Reports indicate safety concerns over new model Q*, voiced to the board before CEO Sam Altman’s removal
OpenAI was allegedly developing an advanced system, known as Q*, before Sam Altman’s dismissal, which raised safety concerns among the staff. Some OpenAI researchers expressed alarm to the board of directors before Altman’s departure, cautioning that the model could pose a threat to humanity, as reported by Reuters.
The artificial intelligence model, pronounced as “Q-Star,” demonstrated the capability to solve novel basic math problems, as outlined by the tech news site the Information. The swift development pace of the system caused apprehension among some safety researchers. The ability to solve unfamiliar math problems is considered a noteworthy advancement in AI.
Following days of upheaval at San Francisco’s OpenAI, the board dismissed Altman last Friday but reinstated him on Tuesday night due to almost all 750 staff threatening to resign if he wasn’t brought back.
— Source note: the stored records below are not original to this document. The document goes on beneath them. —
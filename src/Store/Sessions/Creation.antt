-- ===== src/Store/Sessions/Creation.antt =====
-- What `GetOrCreateSession` returns, and that it keeps the index.
use happy_server_lite.Base.{
  ℕ, GoString, is_empty, ◌≡◌, refl, ◌∙◌, ◌⊎◌, ◌↔◌, none, some, Bool, true, false, inl, inr,
  Bool-cases, Option-cases, lookup, lookup-insert_self, arith,
}
use happy_server_lite.Model.{Session}
use happy_server_lite.Store.State.{Store, user_tag_key, ok}
use happy_server_lite.Store.Sessions.{
  SessionRequest, put_session, refresh_session, create_session, get_or_create_locked,
  get_or_create_session,
}
use happy_server_lite.Store.Sessions.Index.{key_of, IsIndexed-replace, IsIndexed-create}
use happy_server_lite.Store.Sessions.Lifecycle.{Indexed, SameIdentity, refresh_session-stored}

abbrev pub key : SessionRequest → GoString
key r = user_tag_key r.user_id r.tag

-- The session that a creation in `s` returns, against the store `s'` that it leaves.
pub record Created (s : Store) (r : SessionRequest) (s' : Store) (sess : Session) (created : Bool)
    : Type 0 where
  pub indexed : Indexed s'
  pub stored : lookup sess.id s'.sessions_by_id ≡ some sess
  pub named : lookup (key r) s'.session_id_by_user_tag ≡ some sess.id
  pub live : sess.deleted ≡ false
  pub own : key_of sess ≡ key r
  pub flag : (created ≡ true) ↔ (lookup (key r) s.session_id_by_user_tag ≡ none)
  pub reused : created ≡ false → lookup (key r) s.session_id_by_user_tag ≡ some sess.id

module _ (s : Store) (r : SessionRequest) (new_id : GoString) (now : ℕ) (v : Indexed s) where
  -- A key that the index lacks gets a new session; else its live session is refreshed.
  pub get_or_create_locked_cases :
      ((lookup (key r) s.session_id_by_user_tag ≡ none)
        × (get_or_create_locked s r new_id now ≡ create_session s r new_id now))
      ⊎ ((sid : GoString) × (sess : Session) × (lookup (key r) s.session_id_by_user_tag ≡ some sid)
          × (lookup sid s.sessions_by_id ≡ some sess)
          × (sess.deleted ≡ false)
          × (key_of sess ≡ key r)
          × (get_or_create_locked s r new_id now ≡ refresh_session s sid sess r now))
  unfolding get_or_create_locked
  get_or_create_locked_cases = elim (Option-cases (lookup (key r) s.session_id_by_user_tag)) [
    | inl e ↦ inl (e, ground arith)
    | inr (sid, e) ↦
        let (sess, found, live, own) = v.indexed_live (key r) sid e in
        inr (sid, sess, e, found, live, own, ground (arith, found, live))
  ]

  create_session-Created :
      lookup new_id s.sessions_by_id ≡ none
      → lookup (key r) s.session_id_by_user_tag ≡ none
      → let (s', sess, created) = create_session s r new_id now in Created s r s' sess created
  unfolding create_session
  create_session-Created fresh free = record {
    indexed = IsIndexed-create v new_id _ fresh refl refl free;
    stored = lookup-insert_self new_id _ s.sessions_by_id;
    named = lookup-insert_self (key r) new_id s.session_id_by_user_tag;
    live = refl;
    own = refl;
    flag = (λ _. free, λ _. refl);
    reused = λ h. cc;
  }

  refresh-Created :
      (sid : GoString) (sess sess' : Session) (s' : Store) (created : Bool)
      → lookup (key r) s.session_id_by_user_tag ≡ some sid
      → lookup sid s.sessions_by_id ≡ some sess
      → sess.deleted ≡ false
      → key_of sess ≡ key r
      → SameIdentity sess' sess
      → created ≡ false
      → ((s' ≡ s) × (sess' ≡ sess)) ⊎ (s' ≡ put_session s sid sess')
      → Created s r s' sess' created
  refresh-Created sid sess sess' s' created e found live own same flag (inl (p, q)) =
      let i = v.own_id sid sess found in
      record {
        indexed = rw p v;
        stored = cc (i);
        named = cc (i);
        live = cc;
        own = cc;
        flag = (λ h. cc, λ h. cc);
        reused = λ _. cc (i);
      }
  refresh-Created sid sess sess' s' created e found live own same flag (inr p) =
      let i = same.id ∙ v.own_id sid sess found in
      let k : key_of sess' ≡ key_of sess = cc (same.user_id, same.tag) in
      record {
        indexed = rw p (IsIndexed-replace v sid sess sess' found same.id k same.deleted);
        stored = rw p (simp i (lookup-insert_self sid sess' s.sessions_by_id));
        named = rw p (simp i e);
        live = same.deleted ∙ live;
        own = k ∙ own;
        flag = (λ h. cc, λ h. cc);
        reused = λ _. simp i e;
      }

  -- A creation with a fresh identifier returns the live session of its key, stored and indexed, and
  -- says that it created it exactly when the key had none.
  get_or_create_locked-Created :
      lookup new_id s.sessions_by_id ≡ none
      → let (s', sess, created) = get_or_create_locked s r new_id now in Created s r s' sess created
  get_or_create_locked-Created fresh = elim get_or_create_locked_cases [
    | inl (free, e) ↦ rw e (create_session-Created fresh free)
    | inr (sid, sess, e, found, live, own, q) ↦
        let (same, flag, stored) = refresh_session-stored s sid sess r now in
        rw q (refresh-Created sid sess _ _ _ e found live own same flag stored)
  ]

  -- In an indexed store, for a caller with an identifier and a tag, a creation with a fresh session
  -- identifier succeeds: it returns
  -- the live session of its key, stored and indexed, says that it created it exactly when the key
  -- had none, and keeps the index.
  pub get_or_create_session-Created :
      is_empty r.user_id ≡ false
      → is_empty r.tag ≡ false
      → lookup new_id s.sessions_by_id ≡ none
      → let (s', result) = get_or_create_session s r new_id now in
        (sess : Session) × (created : Bool) × (result ≡ ok (sess, created))
        × Created s r s' sess created
  unfolding get_or_create_session
  get_or_create_session-Created named tagged fresh =
      let (s', sess, created) = get_or_create_locked s r new_id now in
      (
        sess,
        created,
        ground (arith, named, tagged),
        rw (named, tagged) (get_or_create_locked-Created fresh),
      )

-- In an indexed store, where the identifier drawn each time is fresh, the same user and tag again,
-- with any other contents, give the same session back, and create nothing.
pub get_or_create_locked_again :
    (s : Store) (r r2 : SessionRequest) (id id2 : GoString) (now now2 : ℕ)
    → Indexed s
    → r2.user_id ≡ r.user_id
    → r2.tag ≡ r.tag
    → lookup id s.sessions_by_id ≡ none
    → lookup id2 (get_or_create_locked s r id now).0.sessions_by_id ≡ none
    → let (s', sess, created) = get_or_create_locked s r id now in
      let (s2, sess2, created2) = get_or_create_locked s' r2 id2 now2 in
      (sess2.id ≡ sess.id) × (created2 ≡ false)
get_or_create_locked_again s r r2 id id2 now now2 v u t fresh fresh2 =
    let (s', sess, created) = get_or_create_locked s r id now in
    let first = get_or_create_locked-Created s r id now v fresh in
    let (s2, sess2, created2) = get_or_create_locked s' r2 id2 now2 in
    let second = get_or_create_locked-Created s' r2 id2 now2 first.indexed fresh2 in
    let same_key : key r2 ≡ key r = cc (u, t) in
    elim (Bool-cases created2) [
      | inl made ↦ absurd (cc (second.flag.0 made, first.named, same_key))
      | inr reused ↦ (cc (second.reused reused, first.named, same_key), reused)
    ]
Altman also had backing from Microsoft, the company’s major investor.
Numerous experts express worry that entities like OpenAI are progressing too rapidly towards artificial general intelligence (AGI), a system capable of performing diverse tasks at or beyond human intelligence levels—raising concerns about potential challenges in human control.
According to Andrew Rogoyski from the Institute for People-Centred AI at the University of Surrey, a notable advancement would be the ability of a model to solve math problems not present in its training set.
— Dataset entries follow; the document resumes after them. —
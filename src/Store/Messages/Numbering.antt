-- ===== src/Store/Messages/Numbering.antt =====
-- Messages numbered without a gap, and the window that the loop of `getAfter` cuts out of them.
use mathlib.Core.Path.{ap₂}
use mathlib.Core.List.{append-nil, append_assoc}
use happy_server_lite.Base.{
  ℕ, suc, ◌+◌, ◌-◌, ◌≤◌, ◌<◌, ◌≡◌, refl, sym, ap, ◌∙◌, Bool, true, List, [], ◌∷◌, ◌++◌, length,
  length-append, take, drop, filter, take-suc, take-zero, take-nil, drop-nil, drop-zero, drop-suc,
  slt, slt_small, ltb, two_63, two_64, if◌then◌else◌, inl, inr, Bool-cases, ltb→lt, not-ltb→le,
  arith,
}
use happy_server_lite.Model.{SessionMessage}
use happy_server_lite.Store.Messages.{collect_after}

-- The numbers go up by one, from the one after `n`.
abbrev pub Numbered : ℕ → List SessionMessage → Type 0
Numbered n [] = Unit {0}
Numbered n (m ∷ ms) = (m.seq ≡ suc n) × Numbered (suc n) ms

pub Numbered-append :
    (n : ℕ) (ms : List SessionMessage) (m : SessionMessage)
    → Numbered n ms
    → m.seq ≡ suc (n + length ms)
    → Numbered n (ms ++ m ∷ [])
Numbered-append n [] m h e = (omega arith, tt)
Numbered-append n (x ∷ ms) m h e = (h.0, Numbered-append (suc n) ms m h.1 (omega arith))

abbrev after_cursor : ℕ → SessionMessage → Bool
after_cursor after m = slt after m.seq

-- The loop keeps the first `limit` messages past the cursor, behind what it holds already.
collect_after-take :
    (after limit : ℕ) (result msgs : List SessionMessage)
    → limit < two_63
    → length result < limit
    → collect_after after limit result msgs
      ≡ result ++ take (limit - length result) (filter (after_cursor after) msgs)
unfolding collect_after filter
collect_after-take after limit result [] h k =
    rw (take-nil (limit - length result)) (sym (append-nil result))
collect_after-take after limit result (m ∷ ms) h k =
    let collected = result ++ m ∷ [] in
    let rest = filter (after_cursor after) ms in
    let grown : length collected ≡ length result + 1 = length-append result (m ∷ []) in
    let small = slt_small (length collected) limit (omega arith) h in
    let next = λ (j : ℕ). result ++ m ∷ take j rest in
    elim (Bool-cases (slt after m.seq)) [
      | inr skip ↦ ground (arith, skip, collect_after-take after limit result ms h k)
      | inl hit ↦
          rw (hit, take-suc (limit - length result) m rest (omega arith))
            (elim (Bool-cases (slt (length collected) limit)) [
              | inl more ↦ rw more (
                  collect_after-take after limit collected ms h (ground (arith, small))
                  ∙ append_assoc result (m ∷ []) (take (limit - length collected) rest)
                  ∙ ap next (omega arith))
              | inr full ↦
                  let last : limit - length result - 1 ≡ 0 = ground (arith, small) in
                  rw full (
                    sym (
                      ap next last
                      ∙ ap (λ (t : List SessionMessage). result ++ m ∷ t) (take-zero rest)))
            ])
    ]

-- Past a cursor that is not negative, the numbered messages from that number on are left.
filter-Numbered :
    (after n : ℕ) (ms : List SessionMessage)
    → Numbered n ms
    → after < two_63
    → n + length ms < two_63
    → filter (after_cursor after) ms ≡ drop (after - n) ms
unfolding filter
filter-Numbered after n [] h a k = sym (drop-nil (after - n))
filter-Numbered after n (m ∷ ms) h a k =
    let rest = filter-Numbered after (suc n) ms h.1 a (omega arith) in
    let small = slt_small after m.seq a (omega (arith, h.0)) in
    elim (Bool-cases (slt after m.seq)) [
      | inl hit ↦
          let none_left : after - n ≡ 0 = ground (arith, small, h.0) in
          let none_after : after - suc n ≡ 0 = omega arith in
          rw (hit, none_left, drop-zero) (ap (◌∷◌ m) (rest ∙ rw (none_after, drop-zero)))
      | inr skip ↦
          rw (skip, drop-suc (after - n) m ms (ground (arith, small, h.0)))
            (rest ∙ ap (λ (t : ℕ). drop t ms) (omega arith))
    ]

-- A negative cursor passes every message.
filter_negative :
    (after n : ℕ) (ms : List SessionMessage)
    → Numbered n ms
    → two_63 ≤ after
    → after < two_64
    → n + length ms < two_63
    → filter (after_cursor after) ms ≡ ms
unfolding filter
filter_negative after n [] h a b k = refl
filter_negative after n (m ∷ ms) h a b k =
    let hit : slt after m.seq ≡ true = ground (arith, h.0) in
    rw hit (ap (◌∷◌ m) (filter_negative after (suc n) ms h.1 a b (omega arith)))

-- The whole page: from nothing collected, over messages numbered from 1.
pub collect_after-page :
    (after limit : ℕ) (ms : List SessionMessage)
    → Numbered 0 ms
    → length ms < two_63
    → after < two_64
    → limit < two_63
    → 0 < limit
    → collect_after after limit [] ms ≡ take limit (if ltb after two_63 then drop after ms else ms)
collect_after-page after limit ms numbered short a small positive =
    let page = collect_after-take after limit [] ms small positive in
    let whole : limit - 0 ≡ limit = omega arith in
    let skip : after - 0 ≡ after = omega arith in
    elim (Bool-cases (ltb after two_63)) [
      | inl past ↦
          let rest = filter-Numbered after 0 ms numbered (ltb→lt after two_63 past) (omega arith) in
          rw past (page ∙ ap₂ take whole (rest ∙ ap (λ (t : ℕ). drop t ms) skip))
      | inr negative ↦
          let rest =
            filter_negative after 0 ms numbered (not-ltb→le after two_63 negative) a
              (omega arith) in
          rw negative (page ∙ ap₂ take whole rest)
    ]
“Many generative AI systems recycle or reshape existing knowledge, encompassing text, images, or mathematical solutions already stored in libraries. If an AI can tackle a problem without having encountered the solution in its extensive training sets, it represents a significant breakthrough, even if the math involved is relatively straightforward. The prospect of solving intricate, unseen mathematical problems would be even more thrilling,” Rogoyski stated.
Speaking last Thursday, a day before his unexpected dismissal, Altman hinted at another breakthrough by the company behind ChatGPT. During the Asia-Pacific Economic Cooperation (Apec) summit, he shared, “Four times now in the history of OpenAI, the most recent time was just in the last couple of weeks, I’ve gotten to be in the room when we sort of push the veil of ignorance back and the frontier of discovery forward, and getting to do that is the professional honour of a lifetime.”
Initially established as a nonprofit with a board overseeing a commercial subsidiary led by Altman, OpenAI now has Microsoft as its principal investor in the for-profit venture. As part of the preliminary agreement for Altman’s reinstatement, OpenAI will have a new board chaired by Bret Taylor, a former co-CEO of software company Salesforce.
The developer of ChatGPT asserts its establishment with the aim of creating “safe and beneficial artificial general intelligence for the benefit of humanity.” The for-profit entity is declared to be “legally bound to pursue the nonprofit’s mission.”
Amid speculation that Altman was dismissed for jeopardizing the company’s core mission of safety, Emmett Shear, his temporary successor as interim chief executive, clarified this week that the board did not remove Sam over any specific disagreement on safety.